In the wake of Twombly and Iqbal, a number of studies have been conducted to determine their effects on dismissal practice in federal civil cases. However, because of coding and collection difficulties, those studies have tended to code whole cases rather than claims--leading to the ambiguous coding category of “mixed” dismissals and to problems in characterizing the nature of the dispute--and have failed to distinguish between legal sufficiency and factual sufficiency, potentially masking important detail about the effects of the pleadings changes.

This paper begins to fill in that detail. I compiled an original dataset of district court opinions and coded each claim—rather than whole case—subject to an adjudicated Rule 12(b)(6) motion. For each claim, I also determined whether the court resolved the motion on grounds of legal or factual sufficiency. This methodology opened an unprecedented level of granularity in the data.
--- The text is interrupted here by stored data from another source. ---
-- ===== src/Time.antt =====
-- `fat_time_fat2unix` and `fat_time_unix2fat` of ATS/myfat/fat_misc.c.
pub mod Days
pub mod RoundTrip
mod Tests
use ats_ldd.Base.{
  ℕ, zero, suc, ◌+◌, ◌-◌, ◌*◌, ◌/◌, ◌%◌, ◌^◌, max, Bool, true, false, List, [], ◌∷◌, get_or,
  if◌then◌else◌, ◌==◌, ltb, leb, not, ◌&&◌,
}

-- `sys_tz.tz_minuteswest` is `west` minutes less `east` minutes, one of which is 0; with the option
-- `tz_utc` both are 0. Seconds are counted from 1970 on, and those before that stand for 0: the
-- source treats all before 1980 alike.
pub record Zone : Type 0 where
  pub west : ℕ
  pub east : ℕ

pub record Timespec : Type 0 where
  pub tv_sec : ℕ
  pub tv_nsec : ℕ

-- Time, date and hundredths of a directory entry.
pub record FatTime : Type 0 where
  pub time : ℕ
  pub date : ℕ
  pub time_cs : ℕ

abbrev pub secs_per_day : ℕ
secs_per_day = 86400

abbrev pub unix_secs_1980 : ℕ
unix_secs_1980 = 315532800

abbrev pub unix_secs_2108 : ℕ
unix_secs_2108 = 4354819200

abbrev pub days_delta : ℕ
days_delta = 365 * 10 + 2

abbrev pub year_2100 : ℕ
year_2100 = 120

abbrev pub is_leap_year : ℕ → Bool
is_leap_year y = (y % 4 == 0) && not (y == year_2100)

abbrev pub days_in_year : ℕ → ℕ
days_in_year month =
    get_or (0 ∷ 0 ∷ 31 ∷ 59 ∷ 90 ∷ 120 ∷ 151 ∷ 181 ∷ 212 ∷ 243 ∷ 273 ∷ 304 ∷ 334 ∷ 0 ∷ 0 ∷ 0 ∷ [])
      month 0

-- The leap days of the years before a year, `year` counted from 1980.
abbrev pub leap_days : ℕ → ℕ
leap_days year = if ltb year_2100 year then (year + 3) / 4 - 1 else (year + 3) / 4

-- The day that a date stands for, counted from 1980.
unfoldable pub date_days : ℕ → ℕ
date_days date =
    let year = date / 2 ^ 9 in
    let month = max 1 (date / 2 ^ 5 % 2 ^ 4) in
    let day = max 1 (date % 2 ^ 5) - 1 in
    let leap_day =
      if is_leap_year year && ltb 2 month then leap_days year + 1 else leap_days year in
    year * 365 + leap_day + days_in_year month + day

unfoldable pub fat_time_fat2unix : Zone → FatTime → Timespec
unfolding date_days
fat_time_fat2unix z t =
    let second =
      t.time % 2 ^ 5 * 2
      + t.time / 2 ^ 5 % 2 ^ 6 * 60
      + t.time / 2 ^ 11 * 3600
      + (date_days t.date + days_delta) * secs_per_day in
    let second' = second + z.west * 60 - z.east * 60 in
    if not (t.time_cs == 0)
    then record { tv_sec = second' + t.time_cs / 100; tv_nsec = t.time_cs % 100 * 10000000 }
    else record { tv_sec = second'; tv_nsec = 0 }

-- `for (month = 1; month < 12; month++) if (days_in_year[month + 1] > day) break;` with the rounds
-- that are left; eleven are enough.
pub month_loop : ℕ → ℕ → ℕ → ℕ
month_loop day zero month = month
month_loop day (suc n) month =
    let rest = month_loop day n (month + 1) in
    if ltb day (days_in_year (month + 1)) then month else rest

-- The year of a day.
unfoldable pub year_of : ℕ → ℕ
year_of day =
    let year = day / 365 in if ltb day (year * 365 + leap_days year) then year - 1 else year

-- Month and day, from 0, of a day of a year.
unfoldable pub month_day : ℕ → ℕ → ℕ × ℕ
month_day year day =
    if is_leap_year year && (day == days_in_year 3)
    then (2, day - days_in_year 2)
    else (let day' = if is_leap_year year && ltb (days_in_year 3) day then day - 1 else day in
        let month = month_loop day' 11 1 in (month, day' - days_in_year month))

-- The fields of time and date do not overlap, so that `|` is a sum; `*time_cs` is stored if it is
-- asked for.
unfoldable pub fat_time_unix2fat : Zone → Timespec → FatTime
unfolding year_of month_day
fat_time_unix2fat z ts =
    let second = ts.tv_sec + z.east * 60 - z.west * 60 in
    let day = second / secs_per_day - days_delta in
    let year = year_of day in
    let (month, mday) = month_day year (day - (year * 365 + leap_days year)) in
    if ltb second unix_secs_1980
    then record { time = 0; date = 2 ^ 5 + 1; time_cs = 0 }
    else if leb unix_secs_2108 second
    then record {
      time = 23 * 2 ^ 11 + 59 * 2 ^ 5 + 29;
      date = 127 * 2 ^ 9 + 12 * 2 ^ 5 + 31;
      time_cs = 199;
    }
    else record {
      time = second / 3600 % 24 * 2 ^ 11 + second / 60 % 60 * 2 ^ 5 + second % 60 / 2;
      date = (year * 2 ^ 9 + month * 2 ^ 5 + (mday + 1)) % 2 ^ 16;
      time_cs = (ts.tv_sec % 2 * 100 + ts.tv_nsec / 10000000) % 2 ^ 8;
    }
The data reveal statistically significant increases in the dismissal rate overall and in a number of subsets of claims. I also find an increase in the prevalence and effectiveness of factual-insufficiency arguments for dismissal. Perhaps surprisingly, I find a decrease in the prevalence and effectiveness of legal-insufficiency arguments for dismissal. These data and insights on the rationales of dismissals are new to the literature and suggest that Twombly and Iqbal are affecting both the strategy employed by movants and the rationale for deciding motions to dismiss.

Keywords
  • Twiqbal,
  • Twombly,
  • Iqbal,
  • dismissal,
  • Rule 12,
  • motion to dismiss,
  • Federal Judicial Center,
  • dismissal study,
  • cecil
Disciplines
Publication Date
Winter 2012
Citation Information
Scott Dodson, A New Look at Dismissal Rates in Federal Civil Cases, 96 Judicature 127 (2012)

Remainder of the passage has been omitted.